The provided material files are here mppDensityR(eal) mppDensity(I)mag mppCompR(eal) mppCompI(mag), with the values of the real and imaginary part of the equivalent density and bulk modulus of the MPP.

  • Format for equivalent density and bulk modulus values *.txt files (Columns: frequency, real/imag part value)
    50  12.9877351395964
    55  14.2865086534968
    60  15.5852821673803
    .      .
    .      .
    
  • Defining MPP material in the xml-scheme. The frequency dependent values for the MPP-emulation are then linearly interpolated in the material matMPP.xml for each frequency step.
    <densityComplex>
      <linear>
        <real> sample1D('mppDensityR.txt',f,1) </real>
        <imag> sample1D('mppDensityI.txt',f,1) </imag>
      </linear>
    </densityComplex>
    

XML Simulation Setup

The ready-to-use xml file is provided here.

Here, we will just discuss the main parts of the XML description file.

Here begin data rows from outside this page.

-- ===== src/Base/Strings.antt =====
-- Go's `string` and `[]byte` as one type: a text with one character for each byte. A conversion
-- between the two is then the identity, and an ASCII literal reads as in the source.
use Prim.Native.String.{String, ◌++◌}
use mathlib.Core.Path.{◌≡◌, sym, ◌∙◌}
use mathlib.Core.Logic.{◌≢◌, ite, dite}
use mathlib.Core.Bool.{Bool, true, false, ◌||◌, Bool-discrete, false≢true}
use mathlib.Core.List.{List, [], ◌∷◌}
use mathlib.Core.HLevel.{hedberg}
use native.Mathlib.Omega.{arith}
use text.Mathlib.Text.{◌==◌ as native_eq}
use text.Mathlib.TextEquality.{eq_iff}
use text.Mathlib.TextLemmas.{append_cancel_left, append-nil}

abbrev pub Text : Type 0
Text = String

infixr 60 ◌<>◌
abbrev pub ◌<>◌ : Text → Text → Text
s <> t = s ++ t

-- Equality of texts, decided. Shut in proofs, where a split on `s == t` yields the equation.
unfoldable pub text_dec : Discrete Text
text_dec s t =
    dite (Bool-discrete (native_eq s t) true) (λ same. yes ((eq_iff s t).0 same))
      (λ differ. no (λ p. differ ((eq_iff s t).1 p)))

pub text_set : IsSet Text
text_set = hedberg text_dec

infix 50 ◌==◌
abbrev pub ◌==◌ : Text → Text → Bool
s == t = ite (text_dec s t) true false

-- `==` at equal texts and at two literals, for proofs that do not run it.
pub eq_self : (s : Text) → (s == s) ≡ true
eq_self s = ground arith

pub eq→≡ : (s t : Text) → (s == t) ≡ true → s ≡ t
eq→≡ s t h = ground arith

-- A membership test, as the loop of policy.go's `contains` makes it.
unfoldable pub contains : List Text → Text → Bool
contains [] v = false
contains (item ∷ list) v = item == v || contains list v

-- Two literals differ: the second argument is `refl`.
pub ne_literal : (s t : Text) → native_eq s t ≡ false → s ≢ t
ne_literal s t h e = false≢true (sym h ∙ (eq_iff s t).1 e)

-- No text is its own proper prefix.
pub append-ne_self : (s t : Text) → t ≢ "" → s ≢ s <> t
append-ne_self s t ne e = ne (sym (append_cancel_left s "" t (append-nil s ∙ e)))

  • Domains with regions (mesh scaled to mm) and nonconforming grid list and specifying evaluation points (set appropriate coordinate values) for computation of the transmission loss.

    <fileFormats>
     <input>
       <hdf5 id="h1" scaleFac="1e-3" fileName="muffler1NMG1.h5"/>
       <hdf5 id="h2" scaleFac="1e-3" fileName="muffler1NMG2.h5"/>
     </input>
     <output>
      <hdf5/>
      <text id="txt"/>
     </output>
     <materialData format="xml" file="matMPP.xml"/>
    </fileFormats>
    <domain geometryType="axi">
      <regionList>
        <region name="airEl" material="air"/>
        <region name="damp" material="air"/>
        <region name="mpp" material="MPP1"/>
      </regionList>
      <nodeList>
        <nodes name="excitep">
          <coord x="0.0" y="1.2345" z="0.0"/>
        </nodes>
        <nodes name="surfinp">
          <coord x="0.0" y="1.2345" z="0.0"/>
        </nodes>
        <nodes name="surfOutp">
          <coord x="0.0" y="1.2345" z="0.0"/>
        </nodes>
      </nodeList>
      <ncInterfaceList>
       <ncInterface name="i1" slaveSide="I1slave" masterSide="I1master"/>
       <ncInterface name="i2" slaveSide="I2slave" masterSide="I2master"/>
      </ncInterfaceList>
    </domain>
    

  • Start the sequence and define analysis

    <sequenceStep>
      <analysis>
        <harmonic>
          <numFreq> 1 </numFreq>
          <startFreq> 1000 </startFreq>
          <stopFreq> 1000 </stopFreq>
          <sampling>linear</sampling>
        </harmonic>
      </analysis>
    

  • Define PDE for acoustics with nonconforming interface list

      <pdeList>
        <acoustic>
          <regionList>
            <region name="airEl"/>
            <region name="damp" dampingId="myPml"/>
            <region name="mpp" complexFluid="yes"/>
          </regionList>
          <ncInterfaceList>
            <ncInterface name="i1" nitscheFactor="50" formulation="Nitsche"/>
            <ncInterface name="i2" nitscheFactor="50" formulation="Nitsche"/>
          </ncInterfaceList>  
    

  • Define the PML (Perfectly Matched Layer) used for free field radiation

         <dampingList>
          <pml id="myPml">
            <type> inverseDist </type>
            <dampFactor>1.0</dampFactor>
          </pml>
        </dampingList>
    

  • Define excitation and output result

        <bcsAndLoads>
          <normalVelocity name="excite" value="1"/>
        </bcsAndLoads>
       <storeResults>
          <nodeResult complexFormat="realImag" type="acouPressure">
            <allRegions/>
            <nodeList>
              <nodes name="excitep" outputIds="txt"/>
              <nodes name="surfinp" outputIds="txt"/>
              <nodes name="surfOutp" outputIds="txt"/>
            </nodeList>
          </nodeResult>
        </storeResults>
    

Perform the openCFS simulation by executing

cfs Muffler1MPPnmg

Result

You can now investigate the results in paraview. For the computation of the transmission loss or reflection coefficient, use the *.txt output of the specified points as input for the 2-microphone method DIN EN ISO 10534-2 or 3-microphone method here.